What the task requires.
From the entries below, transcribe exactly the lines between the line holding "inr (e, t, h) ↦" and the line holding "(register_handler-keeps r u", inclusive; skip all other lines.

Extracted data.

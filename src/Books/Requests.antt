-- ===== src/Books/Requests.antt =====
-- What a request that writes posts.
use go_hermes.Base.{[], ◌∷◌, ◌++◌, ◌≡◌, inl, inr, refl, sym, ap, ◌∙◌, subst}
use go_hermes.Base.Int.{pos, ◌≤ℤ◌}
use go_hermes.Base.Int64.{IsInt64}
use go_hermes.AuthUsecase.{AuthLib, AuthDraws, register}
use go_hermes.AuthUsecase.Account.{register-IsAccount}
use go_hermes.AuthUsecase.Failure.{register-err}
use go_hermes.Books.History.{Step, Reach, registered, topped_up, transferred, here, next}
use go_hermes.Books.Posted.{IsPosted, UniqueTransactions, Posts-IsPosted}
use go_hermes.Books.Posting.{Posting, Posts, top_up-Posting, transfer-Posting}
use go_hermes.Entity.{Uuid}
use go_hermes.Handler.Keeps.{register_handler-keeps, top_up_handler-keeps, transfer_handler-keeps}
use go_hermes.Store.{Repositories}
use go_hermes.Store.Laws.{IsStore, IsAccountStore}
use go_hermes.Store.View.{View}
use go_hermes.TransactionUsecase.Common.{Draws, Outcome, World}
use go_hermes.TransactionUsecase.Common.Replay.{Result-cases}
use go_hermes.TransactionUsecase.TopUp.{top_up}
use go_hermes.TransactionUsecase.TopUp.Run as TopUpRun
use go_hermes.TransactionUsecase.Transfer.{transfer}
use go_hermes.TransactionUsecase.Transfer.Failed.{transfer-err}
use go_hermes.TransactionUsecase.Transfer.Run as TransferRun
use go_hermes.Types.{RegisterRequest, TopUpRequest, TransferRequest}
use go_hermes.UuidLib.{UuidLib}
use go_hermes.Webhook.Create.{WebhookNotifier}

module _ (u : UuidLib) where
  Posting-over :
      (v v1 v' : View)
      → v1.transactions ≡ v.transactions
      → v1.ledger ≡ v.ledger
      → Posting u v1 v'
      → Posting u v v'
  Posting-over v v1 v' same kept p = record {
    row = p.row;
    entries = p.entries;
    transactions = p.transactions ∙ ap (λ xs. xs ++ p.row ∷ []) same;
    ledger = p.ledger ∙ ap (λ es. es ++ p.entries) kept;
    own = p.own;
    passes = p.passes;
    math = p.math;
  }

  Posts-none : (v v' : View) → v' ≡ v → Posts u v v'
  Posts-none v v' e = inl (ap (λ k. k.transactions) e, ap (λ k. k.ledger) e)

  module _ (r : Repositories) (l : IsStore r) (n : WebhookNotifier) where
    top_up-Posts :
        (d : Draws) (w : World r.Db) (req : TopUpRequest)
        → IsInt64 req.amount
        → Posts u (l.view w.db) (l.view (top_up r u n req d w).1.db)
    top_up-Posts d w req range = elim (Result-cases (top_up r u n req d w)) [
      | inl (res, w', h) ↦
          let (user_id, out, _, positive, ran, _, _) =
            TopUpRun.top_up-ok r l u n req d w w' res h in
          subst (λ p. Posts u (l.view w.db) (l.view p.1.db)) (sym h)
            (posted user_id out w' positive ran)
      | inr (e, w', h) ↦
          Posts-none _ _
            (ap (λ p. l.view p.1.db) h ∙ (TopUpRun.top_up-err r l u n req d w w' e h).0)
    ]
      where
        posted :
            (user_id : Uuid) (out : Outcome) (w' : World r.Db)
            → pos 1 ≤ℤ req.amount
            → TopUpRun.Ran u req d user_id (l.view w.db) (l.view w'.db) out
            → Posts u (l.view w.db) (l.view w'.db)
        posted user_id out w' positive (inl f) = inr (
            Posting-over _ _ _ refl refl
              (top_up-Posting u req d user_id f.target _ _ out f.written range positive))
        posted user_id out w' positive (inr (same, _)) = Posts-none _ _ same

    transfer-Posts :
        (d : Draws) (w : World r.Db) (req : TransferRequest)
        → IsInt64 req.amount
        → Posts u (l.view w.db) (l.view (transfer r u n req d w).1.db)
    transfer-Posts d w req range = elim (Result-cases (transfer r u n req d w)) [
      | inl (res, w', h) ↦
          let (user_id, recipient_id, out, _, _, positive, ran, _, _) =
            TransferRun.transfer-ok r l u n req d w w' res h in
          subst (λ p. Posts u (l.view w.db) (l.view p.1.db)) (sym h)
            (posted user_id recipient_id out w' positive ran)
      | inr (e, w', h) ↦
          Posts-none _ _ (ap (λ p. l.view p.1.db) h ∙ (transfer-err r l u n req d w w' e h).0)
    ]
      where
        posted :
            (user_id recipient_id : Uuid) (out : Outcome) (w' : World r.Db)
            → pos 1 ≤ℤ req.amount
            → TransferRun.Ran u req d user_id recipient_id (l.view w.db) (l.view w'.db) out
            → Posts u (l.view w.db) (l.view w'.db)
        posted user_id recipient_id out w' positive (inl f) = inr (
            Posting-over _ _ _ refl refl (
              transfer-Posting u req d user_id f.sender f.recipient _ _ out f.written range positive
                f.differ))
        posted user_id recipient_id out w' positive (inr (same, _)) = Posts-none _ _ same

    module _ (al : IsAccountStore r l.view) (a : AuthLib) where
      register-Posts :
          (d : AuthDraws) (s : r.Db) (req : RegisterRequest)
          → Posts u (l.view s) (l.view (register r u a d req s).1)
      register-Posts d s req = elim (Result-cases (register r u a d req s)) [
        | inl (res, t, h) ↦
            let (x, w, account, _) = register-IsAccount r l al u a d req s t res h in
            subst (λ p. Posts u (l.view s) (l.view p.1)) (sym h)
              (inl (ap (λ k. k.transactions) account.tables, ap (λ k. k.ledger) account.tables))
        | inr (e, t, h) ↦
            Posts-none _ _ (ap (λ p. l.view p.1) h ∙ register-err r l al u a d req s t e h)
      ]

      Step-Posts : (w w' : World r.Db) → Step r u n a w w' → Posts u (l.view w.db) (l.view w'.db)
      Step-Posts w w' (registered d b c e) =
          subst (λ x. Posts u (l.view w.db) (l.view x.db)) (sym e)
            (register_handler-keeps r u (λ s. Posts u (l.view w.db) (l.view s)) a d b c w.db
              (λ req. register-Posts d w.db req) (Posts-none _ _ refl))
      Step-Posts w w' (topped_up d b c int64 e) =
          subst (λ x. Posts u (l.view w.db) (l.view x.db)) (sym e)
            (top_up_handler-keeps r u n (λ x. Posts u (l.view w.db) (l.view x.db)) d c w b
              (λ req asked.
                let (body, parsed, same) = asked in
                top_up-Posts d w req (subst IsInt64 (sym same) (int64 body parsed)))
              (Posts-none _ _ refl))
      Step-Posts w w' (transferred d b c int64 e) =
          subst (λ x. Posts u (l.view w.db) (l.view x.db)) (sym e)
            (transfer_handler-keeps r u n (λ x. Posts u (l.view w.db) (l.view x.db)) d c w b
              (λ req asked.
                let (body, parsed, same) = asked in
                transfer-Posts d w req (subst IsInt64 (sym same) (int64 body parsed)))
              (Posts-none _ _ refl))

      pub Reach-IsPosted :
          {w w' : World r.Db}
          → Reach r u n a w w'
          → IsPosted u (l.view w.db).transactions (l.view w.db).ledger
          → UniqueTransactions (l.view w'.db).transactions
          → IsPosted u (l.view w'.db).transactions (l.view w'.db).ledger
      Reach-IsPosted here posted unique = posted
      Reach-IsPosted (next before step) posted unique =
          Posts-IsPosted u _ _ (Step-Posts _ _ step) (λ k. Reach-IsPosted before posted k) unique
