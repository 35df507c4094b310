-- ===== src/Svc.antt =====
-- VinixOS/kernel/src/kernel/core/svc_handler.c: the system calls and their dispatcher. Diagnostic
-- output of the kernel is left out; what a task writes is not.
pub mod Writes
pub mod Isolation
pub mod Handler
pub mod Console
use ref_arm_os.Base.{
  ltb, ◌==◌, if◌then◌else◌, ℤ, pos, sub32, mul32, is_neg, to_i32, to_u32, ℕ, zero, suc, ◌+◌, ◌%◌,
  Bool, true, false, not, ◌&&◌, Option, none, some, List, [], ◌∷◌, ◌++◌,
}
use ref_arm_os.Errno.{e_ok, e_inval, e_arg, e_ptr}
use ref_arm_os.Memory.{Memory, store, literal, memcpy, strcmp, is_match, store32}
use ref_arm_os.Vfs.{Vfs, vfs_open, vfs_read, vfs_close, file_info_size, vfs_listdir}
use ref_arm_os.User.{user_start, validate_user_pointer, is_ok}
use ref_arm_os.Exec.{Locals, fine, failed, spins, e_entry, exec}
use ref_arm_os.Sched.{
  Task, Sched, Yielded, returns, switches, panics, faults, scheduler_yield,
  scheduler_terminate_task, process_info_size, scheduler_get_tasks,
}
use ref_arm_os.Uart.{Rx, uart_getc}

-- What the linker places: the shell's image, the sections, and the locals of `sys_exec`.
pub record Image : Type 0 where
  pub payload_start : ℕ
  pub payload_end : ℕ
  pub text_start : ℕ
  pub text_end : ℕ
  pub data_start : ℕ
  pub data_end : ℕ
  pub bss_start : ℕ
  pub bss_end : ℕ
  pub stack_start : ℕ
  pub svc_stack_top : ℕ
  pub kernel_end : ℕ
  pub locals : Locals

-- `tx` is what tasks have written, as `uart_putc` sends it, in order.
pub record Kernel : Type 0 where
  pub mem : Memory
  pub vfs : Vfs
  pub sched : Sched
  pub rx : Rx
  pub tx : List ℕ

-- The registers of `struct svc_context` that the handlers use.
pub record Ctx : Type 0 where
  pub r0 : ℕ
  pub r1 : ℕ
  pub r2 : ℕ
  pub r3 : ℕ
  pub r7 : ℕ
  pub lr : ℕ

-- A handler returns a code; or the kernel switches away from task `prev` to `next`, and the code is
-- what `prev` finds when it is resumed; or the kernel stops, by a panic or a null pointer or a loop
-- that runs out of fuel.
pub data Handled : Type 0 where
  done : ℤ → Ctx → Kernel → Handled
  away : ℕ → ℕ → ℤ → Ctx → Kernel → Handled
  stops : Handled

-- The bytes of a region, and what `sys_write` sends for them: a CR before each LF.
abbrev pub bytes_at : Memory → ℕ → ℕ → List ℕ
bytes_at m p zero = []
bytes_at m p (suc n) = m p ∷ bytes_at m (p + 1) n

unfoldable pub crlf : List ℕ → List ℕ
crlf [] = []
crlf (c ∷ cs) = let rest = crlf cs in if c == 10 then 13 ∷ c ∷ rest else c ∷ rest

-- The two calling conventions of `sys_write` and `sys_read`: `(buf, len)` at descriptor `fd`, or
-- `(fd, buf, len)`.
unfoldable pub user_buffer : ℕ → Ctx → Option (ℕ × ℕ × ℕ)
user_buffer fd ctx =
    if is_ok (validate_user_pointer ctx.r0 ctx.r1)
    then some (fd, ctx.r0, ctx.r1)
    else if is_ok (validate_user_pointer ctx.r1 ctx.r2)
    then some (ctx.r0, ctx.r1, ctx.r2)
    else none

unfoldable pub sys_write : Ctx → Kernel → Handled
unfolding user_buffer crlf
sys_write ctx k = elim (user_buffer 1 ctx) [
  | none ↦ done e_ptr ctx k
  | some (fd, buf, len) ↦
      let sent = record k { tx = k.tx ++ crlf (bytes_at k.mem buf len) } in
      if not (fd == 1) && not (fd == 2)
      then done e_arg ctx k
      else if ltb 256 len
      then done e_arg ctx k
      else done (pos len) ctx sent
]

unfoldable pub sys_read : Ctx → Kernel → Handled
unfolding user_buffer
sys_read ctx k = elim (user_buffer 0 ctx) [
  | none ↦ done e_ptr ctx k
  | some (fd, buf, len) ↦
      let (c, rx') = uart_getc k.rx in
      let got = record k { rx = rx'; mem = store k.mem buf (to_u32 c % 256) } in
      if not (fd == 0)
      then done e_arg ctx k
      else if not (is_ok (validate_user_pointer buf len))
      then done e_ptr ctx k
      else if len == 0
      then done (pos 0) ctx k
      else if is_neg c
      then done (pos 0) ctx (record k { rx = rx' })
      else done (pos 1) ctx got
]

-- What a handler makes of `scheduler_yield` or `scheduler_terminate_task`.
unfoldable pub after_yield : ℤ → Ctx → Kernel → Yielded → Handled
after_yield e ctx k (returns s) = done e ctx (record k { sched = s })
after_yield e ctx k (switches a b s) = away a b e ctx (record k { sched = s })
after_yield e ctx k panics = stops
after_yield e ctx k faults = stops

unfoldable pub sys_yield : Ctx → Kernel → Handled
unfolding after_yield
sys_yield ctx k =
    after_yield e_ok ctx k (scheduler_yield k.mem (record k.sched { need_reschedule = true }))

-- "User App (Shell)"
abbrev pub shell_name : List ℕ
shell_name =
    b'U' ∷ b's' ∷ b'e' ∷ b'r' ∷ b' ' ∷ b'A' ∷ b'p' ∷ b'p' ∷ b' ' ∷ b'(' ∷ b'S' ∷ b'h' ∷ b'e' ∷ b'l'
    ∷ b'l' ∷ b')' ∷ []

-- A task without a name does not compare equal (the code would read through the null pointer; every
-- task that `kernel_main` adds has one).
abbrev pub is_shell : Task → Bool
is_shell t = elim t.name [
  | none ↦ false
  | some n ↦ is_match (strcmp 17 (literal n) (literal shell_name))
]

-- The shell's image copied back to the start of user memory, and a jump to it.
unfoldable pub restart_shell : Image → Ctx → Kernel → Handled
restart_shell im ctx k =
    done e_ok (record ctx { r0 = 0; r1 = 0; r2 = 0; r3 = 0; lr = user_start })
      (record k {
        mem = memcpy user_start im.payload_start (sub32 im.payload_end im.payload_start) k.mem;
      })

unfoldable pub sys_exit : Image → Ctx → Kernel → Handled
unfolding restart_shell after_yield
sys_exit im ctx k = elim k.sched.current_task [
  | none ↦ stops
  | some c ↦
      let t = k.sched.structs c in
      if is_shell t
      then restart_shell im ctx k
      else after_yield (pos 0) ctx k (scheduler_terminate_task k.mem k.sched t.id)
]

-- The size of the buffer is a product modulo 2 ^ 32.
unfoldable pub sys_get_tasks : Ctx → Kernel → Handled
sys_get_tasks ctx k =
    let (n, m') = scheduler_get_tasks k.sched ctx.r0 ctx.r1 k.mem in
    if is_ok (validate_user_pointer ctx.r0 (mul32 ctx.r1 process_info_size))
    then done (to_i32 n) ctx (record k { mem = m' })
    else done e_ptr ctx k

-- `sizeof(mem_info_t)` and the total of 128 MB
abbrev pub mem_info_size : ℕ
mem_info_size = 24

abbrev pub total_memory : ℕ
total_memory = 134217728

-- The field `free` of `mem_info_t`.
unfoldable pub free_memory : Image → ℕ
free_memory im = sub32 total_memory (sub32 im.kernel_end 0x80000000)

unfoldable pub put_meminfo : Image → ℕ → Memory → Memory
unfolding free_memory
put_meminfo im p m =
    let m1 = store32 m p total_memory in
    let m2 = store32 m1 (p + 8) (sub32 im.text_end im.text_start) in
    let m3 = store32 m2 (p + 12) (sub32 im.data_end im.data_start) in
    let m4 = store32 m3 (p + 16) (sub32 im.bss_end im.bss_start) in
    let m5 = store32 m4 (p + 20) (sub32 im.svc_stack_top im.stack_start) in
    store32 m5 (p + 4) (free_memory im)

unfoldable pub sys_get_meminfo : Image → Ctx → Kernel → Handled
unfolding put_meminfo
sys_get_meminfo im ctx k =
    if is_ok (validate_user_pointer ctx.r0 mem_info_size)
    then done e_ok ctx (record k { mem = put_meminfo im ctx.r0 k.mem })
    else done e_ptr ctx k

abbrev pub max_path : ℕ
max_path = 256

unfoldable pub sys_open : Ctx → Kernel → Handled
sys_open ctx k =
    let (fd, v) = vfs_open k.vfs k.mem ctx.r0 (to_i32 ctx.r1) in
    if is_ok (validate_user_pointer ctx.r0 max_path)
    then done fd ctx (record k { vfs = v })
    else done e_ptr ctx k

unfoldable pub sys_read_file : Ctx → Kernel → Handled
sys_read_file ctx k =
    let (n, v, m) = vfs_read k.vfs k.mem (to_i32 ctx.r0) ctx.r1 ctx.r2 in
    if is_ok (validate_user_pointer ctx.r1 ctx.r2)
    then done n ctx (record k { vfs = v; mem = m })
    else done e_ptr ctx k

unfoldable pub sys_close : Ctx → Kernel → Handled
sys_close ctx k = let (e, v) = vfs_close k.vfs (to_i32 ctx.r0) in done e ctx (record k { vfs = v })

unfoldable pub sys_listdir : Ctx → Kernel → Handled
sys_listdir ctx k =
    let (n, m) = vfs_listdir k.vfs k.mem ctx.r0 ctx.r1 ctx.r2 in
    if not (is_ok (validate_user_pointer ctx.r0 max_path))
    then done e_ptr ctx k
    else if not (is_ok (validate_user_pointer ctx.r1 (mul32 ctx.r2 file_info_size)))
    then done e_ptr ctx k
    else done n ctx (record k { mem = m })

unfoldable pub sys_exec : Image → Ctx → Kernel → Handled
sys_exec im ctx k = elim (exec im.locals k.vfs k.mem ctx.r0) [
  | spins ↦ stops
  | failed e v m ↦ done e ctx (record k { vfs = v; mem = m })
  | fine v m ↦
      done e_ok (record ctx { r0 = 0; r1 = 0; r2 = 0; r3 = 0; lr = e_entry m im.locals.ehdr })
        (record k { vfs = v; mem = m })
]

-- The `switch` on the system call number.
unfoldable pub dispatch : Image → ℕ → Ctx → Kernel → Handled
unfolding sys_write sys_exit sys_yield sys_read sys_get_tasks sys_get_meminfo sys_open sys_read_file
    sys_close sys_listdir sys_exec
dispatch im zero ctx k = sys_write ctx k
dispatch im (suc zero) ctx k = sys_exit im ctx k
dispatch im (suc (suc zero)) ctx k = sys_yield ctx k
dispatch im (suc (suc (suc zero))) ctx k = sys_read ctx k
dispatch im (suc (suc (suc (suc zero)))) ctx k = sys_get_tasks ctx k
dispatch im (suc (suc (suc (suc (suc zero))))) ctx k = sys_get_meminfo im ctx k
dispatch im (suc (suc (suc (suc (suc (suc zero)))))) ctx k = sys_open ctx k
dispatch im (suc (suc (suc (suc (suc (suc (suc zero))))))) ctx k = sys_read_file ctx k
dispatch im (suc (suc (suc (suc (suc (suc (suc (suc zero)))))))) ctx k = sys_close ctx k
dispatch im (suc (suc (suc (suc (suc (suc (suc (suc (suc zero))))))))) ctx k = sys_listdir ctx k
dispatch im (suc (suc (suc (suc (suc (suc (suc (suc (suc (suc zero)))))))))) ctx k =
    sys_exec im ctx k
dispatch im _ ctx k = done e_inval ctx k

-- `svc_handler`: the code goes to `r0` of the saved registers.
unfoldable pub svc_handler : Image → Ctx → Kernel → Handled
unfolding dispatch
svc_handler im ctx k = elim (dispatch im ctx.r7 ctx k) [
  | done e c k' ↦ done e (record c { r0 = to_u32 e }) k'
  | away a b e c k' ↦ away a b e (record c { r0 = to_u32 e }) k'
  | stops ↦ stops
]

Answer to the exercise.
        | inr (e, t, h) ↦
            Posts-none _ _ (ap (λ p. l.view p.1) h ∙ register-err r l al u a d req s t e h)
      ]

      Step-Posts : (w w' : World r.Db) → Step r u n a w w' → Posts u (l.view w.db) (l.view w'.db)
      Step-Posts w w' (registered d b c e) =
          subst (λ x. Posts u (l.view w.db) (l.view x.db)) (sym e)
            (register_handler-keeps r u (λ s. Posts u (l.view w.db) (l.view s)) a d b c w.db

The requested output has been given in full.